Die Vertreter und Verfechter des US-Films in Europa wollten es selbst in den frühen sechziger Jahren nicht wahrhaben, und doch gab es keinen Zweifel: Hollywood war am Ende. Es hatte seine Muster, sein «geschlossenes Kino» so lange repetiert, bis es keiner mehr sehen wollte. Hier soll nicht die Rede sein von den roten Zahlen der Companies, von den Liquidationen und vom neuen Management. Wichtiger war der Bankrott einer Grammatik, besser wohl einer Rhetorik des Kinos und die Voraussetzungen, die dieser Bankrott für gewisse Neuerungen schuf. Hollywood hatte sich den Kurszerfall in fast masochistischer Weise immer wieder bestätigen lassen, mit Leuten wie Cukor, Minelli und Mankiewicz, mit Musicals, die niemand sehen wollte, und mit Melodramen, patemalistischen Jugendfilmen, Kriegsfilmen, leeren Western, die man auch am Fernsehen serviert bekam.

Der unerwartete Erfolg von The Graduate und wie erst von Easy Rider war auch ein Erfolg der Langeweile, die die Hollywoodfilme der Krisenzeit ausgestrahlt hatten. Jetzt liess sich Hollywood allmählich von den «Nonkonformisten» verführen, nicht so sehr von den Formen und Inhalten ihrer Filme natürlich, sondern von deren Anfangserfolgen. Es gibt sie natürlich noch immer, die unpersönlichen, grammatikalischen, langweiligen Hollywoodfilme, die von ganzen Mannschaften und ihren Stäben mit der ihnen eigenen Disziplin und Unbeweglichkeit in überraschungslosen langwierigen Produktionsprozessen gebaut werden; es gibt aber daneben (und doch im losen Zusammenhang mit der Industrie) die privaten Visionen der Allen, Altman, Ashby, Coppola, Hell-man, Lucas, Mazursky, Nichols, Schröder, Scorsese und Spielberg (um nur ein paar wenige zu nennen).

So wie es immer die Polizeikorps gegeben hat und den Privatdetektiv, den Private Eye, der genau jene Bezirke erforscht, die den konventionellen Aufklärern verschlossen sind, der sich die Hände schmutzig macht, weil ihn die Sache etwas angeht. Im Umgang mit der sich verdunkelnden Welt ist der Private Eye dem Kommissar weit überlegen; er spürt sie, und er spürt sich in ihr. Und er erfindet täglich neue Methoden und neue Tricks.
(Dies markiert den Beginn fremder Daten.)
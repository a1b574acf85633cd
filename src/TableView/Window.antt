-- ===== src/TableView/Window.antt =====
-- ui/src/tableView.ts: which rows `tableWindow` draws, and the places that it gives for them.
use kaja.Prelude.{
  ℕ, zero, suc, ◌+◌, ◌-◌, ◌*◌, ◌≤◌, ◌<◌, ◌≡◌, refl, ap, sym, ◌∙◌, String, Option, none, some, List,
  [], ◌∷◌, arith, length, take, drop, get_elem?, All, length-take, Bool-cases, inl, inr,
}
use kaja.Block.{TableBlock}
use kaja.TableView.{
  TableView, table_window, rows_at, range, slice, places_at, matched, matched_from, matches_search,
  rows_of, page_size_of, page_of, is_filtered,
}

rows_at-nil : (places : List ℕ) → rows_at [] places ≡ []
rows_at-nil [] = refl
rows_at-nil (i ∷ places) = rows_at-nil places

take-nil {ℓ} : {A : Type ℓ} (n m : ℕ) → take {A = A} n (drop m []) ≡ []
take-nil zero m = refl
take-nil (suc n) zero = refl
take-nil (suc n) (suc m) = refl

rows_at-shift :
    (row : List String) (rows : List (List String)) (from n : ℕ)
    → rows_at (row ∷ rows) (range (suc from) n) ≡ rows_at rows (range from n)
rows_at-shift row rows from zero = refl
rows_at-shift row rows from (suc n) = ground (arith, rows_at-shift row rows (suc from) n)

rows_at-range :
    (rows : List (List String)) (from n : ℕ) → rows_at rows (range from n) ≡ take n (drop from rows)
rows_at-range [] from n = rows_at-nil (range from n) ∙ sym (take-nil n from)
rows_at-range (row ∷ rows) (suc from) n = rows_at-shift row rows from n ∙ rows_at-range rows from n
rows_at-range (row ∷ rows) zero zero = refl
rows_at-range (row ∷ rows) zero (suc n) =
    ap (◌∷◌ row) (rows_at-shift row rows 0 n ∙ rows_at-range rows 0 n)

module _ {ℓ} {A : Type ℓ} where
  take-length-take : (n : ℕ) (xs : List A) → take (length (take n xs)) xs ≡ take n xs
  take-length-take zero xs = refl
  take-length-take (suc n) [] = refl
  take-length-take (suc n) (x ∷ xs) = ap (◌∷◌ x) (take-length-take n xs)

  get_elem?-lt : (xs : List A) (i : ℕ) → i < length xs → (x : A) × (get_elem? xs i ≡ some x)
  get_elem?-lt [] i h = ground arith
  get_elem?-lt (x ∷ xs) zero h = (x, refl)
  get_elem?-lt (x ∷ xs) (suc i) h = get_elem?-lt xs i (omega arith)

module _ (rows : List (List String)) where
  -- The places of some rows.
  abbrev InRange : List ℕ → Type 0
  InRange places = All (λ i. i < length rows) places

  abbrev FoundInRange : Option (List ℕ) → Type 0
  FoundInRange none = Unit
  FoundInRange (some places) = InRange places

  drop-rows_at :
      (n : ℕ) (places : List ℕ)
      → InRange places
      → drop n (rows_at rows places) ≡ rows_at rows (drop n places)
  drop-rows_at zero places h = refl
  drop-rows_at (suc n) [] h = refl
  drop-rows_at (suc n) (i ∷ places) h =
      let (row, here) = get_elem?-lt rows i h.0 in rw (here, drop) (drop-rows_at n places h.1)

  take-rows_at :
      (n : ℕ) (places : List ℕ)
      → InRange places
      → take n (rows_at rows places) ≡ rows_at rows (take n places)
  take-rows_at zero places h = refl
  take-rows_at (suc n) [] h = refl
  take-rows_at (suc n) (i ∷ places) h =
      let (row, here) = get_elem?-lt rows i h.0 in ground (arith, here, take-rows_at n places h.1)

  drop-InRange : (n : ℕ) (places : List ℕ) → InRange places → InRange (drop n places)
  drop-InRange zero places h = h
  drop-InRange (suc n) [] h = h
  drop-InRange (suc n) (i ∷ places) h = drop-InRange n places h.1

  matched_from-InRange :
      (lower : String → String) (search : String) (i : ℕ) (rest : List (List String))
      → i + length rest ≤ length rows
      → InRange (matched_from lower search i rest)
  unfolding matched_from
  matched_from-InRange lower search i [] h = tt
  matched_from-InRange lower search i (row ∷ rest) h =
      elim (Bool-cases (matches_search lower row search)) [
        | inl matches ↦
            rw matches (omega arith, matched_from-InRange lower search (suc i) rest (omega arith))
        | inr other ↦ rw other (matched_from-InRange lower search (suc i) rest (omega arith))
      ]

slice_again {ℓ} :
    {A : Type ℓ} (from n : ℕ) (xs : List A) → slice from (from + n) xs ≡ take n (drop from xs)
slice_again from n xs = ap (λ k. take k (drop from xs)) {x = from + n - from} {y = n} (omega arith)

module _ (block : TableBlock) (start size : ℕ) where
  rows_at-places_at :
      (found : Option (List ℕ))
      → FoundInRange block.rows found
      → rows_at block.rows
          (places_at found start (length (slice start (start + size) (rows_of block found))))
        ≡ slice start (start + size) (rows_of block found)
  rows_at-places_at none h =
      rows_at-range block.rows start _
      ∙ take-length-take (start + size - start) (drop start block.rows)
  rows_at-places_at (some places) h =
      let drawn = rows_at block.rows places in
      let shown = slice start (start + size) drawn in
      ap (rows_at block.rows) (slice_again start (length shown) places)
      ∙ sym (
          take-rows_at block.rows (length shown) (drop start places)
            (drop-InRange block.rows start places h))
      ∙ ap (take (length shown)) (sym (drop-rows_at block.rows start places h))
      ∙ take-length-take (start + size - start) (drop start drawn)

  length-shown-le {ℓ} : {A : Type ℓ} (xs : List A) → length (slice start (start + size) xs) ≤ size
  length-shown-le xs = omega (arith, length-take (start + size - start) (drop start xs))

matched-InRange :
    (lower : String → String) (block : TableBlock) (view : TableView)
    → FoundInRange block.rows (matched lower block view)
unfolding matched
matched-InRange lower block view = elim (Bool-cases (is_filtered block view)) [
  | inl filtered ↦
      rw filtered (matched_from-InRange block.rows lower view.search 0 block.rows (omega arith))
  | inr whole ↦ rw whole tt
]

-- The rows that a window draws are the rows of the table at the places that the window gives for
-- them, whether a search filters the table or not, and are never more than a page.
pub rows-table_window :
    (lower : String → String) (block : TableBlock) (view : TableView)
    → ((table_window lower block view).rows
        ≡ rows_at block.rows (table_window lower block view).indices)
      × (length (table_window lower block view).rows ≤ page_size_of block)
unfolding table_window
rows-table_window lower block view =
    let found = matched lower block view in
    let start = page_of block view (length (rows_of block found)) * page_size_of block in
    (
      sym (
          rows_at-places_at block start (page_size_of block) found
            (matched-InRange lower block view)),
      length-shown-le block start (page_size_of block) (rows_of block found),
    )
Die Private Eyes haben ihre Büros in den Seitenstrassen der Boulevards downtown. Roger Corman und andere B-Pictures-Produzenten waren ihre Nachbarn. (Aber lassen wir das Bild, es wird ohnehin irgendeinmal falsch.) Die Vorläufer einiger Filme, die wir heute New Hollywood zurechnen, entstanden in der B-Pictures-Produktion. Weil da weniger Geld auf dem Spiel stand, waren Experimente eher möglich als bei den Prestigeproduktionen der Industrie, und weil sie schneller entstanden und häufiger, konnten sie auch aktueller und modischer sein.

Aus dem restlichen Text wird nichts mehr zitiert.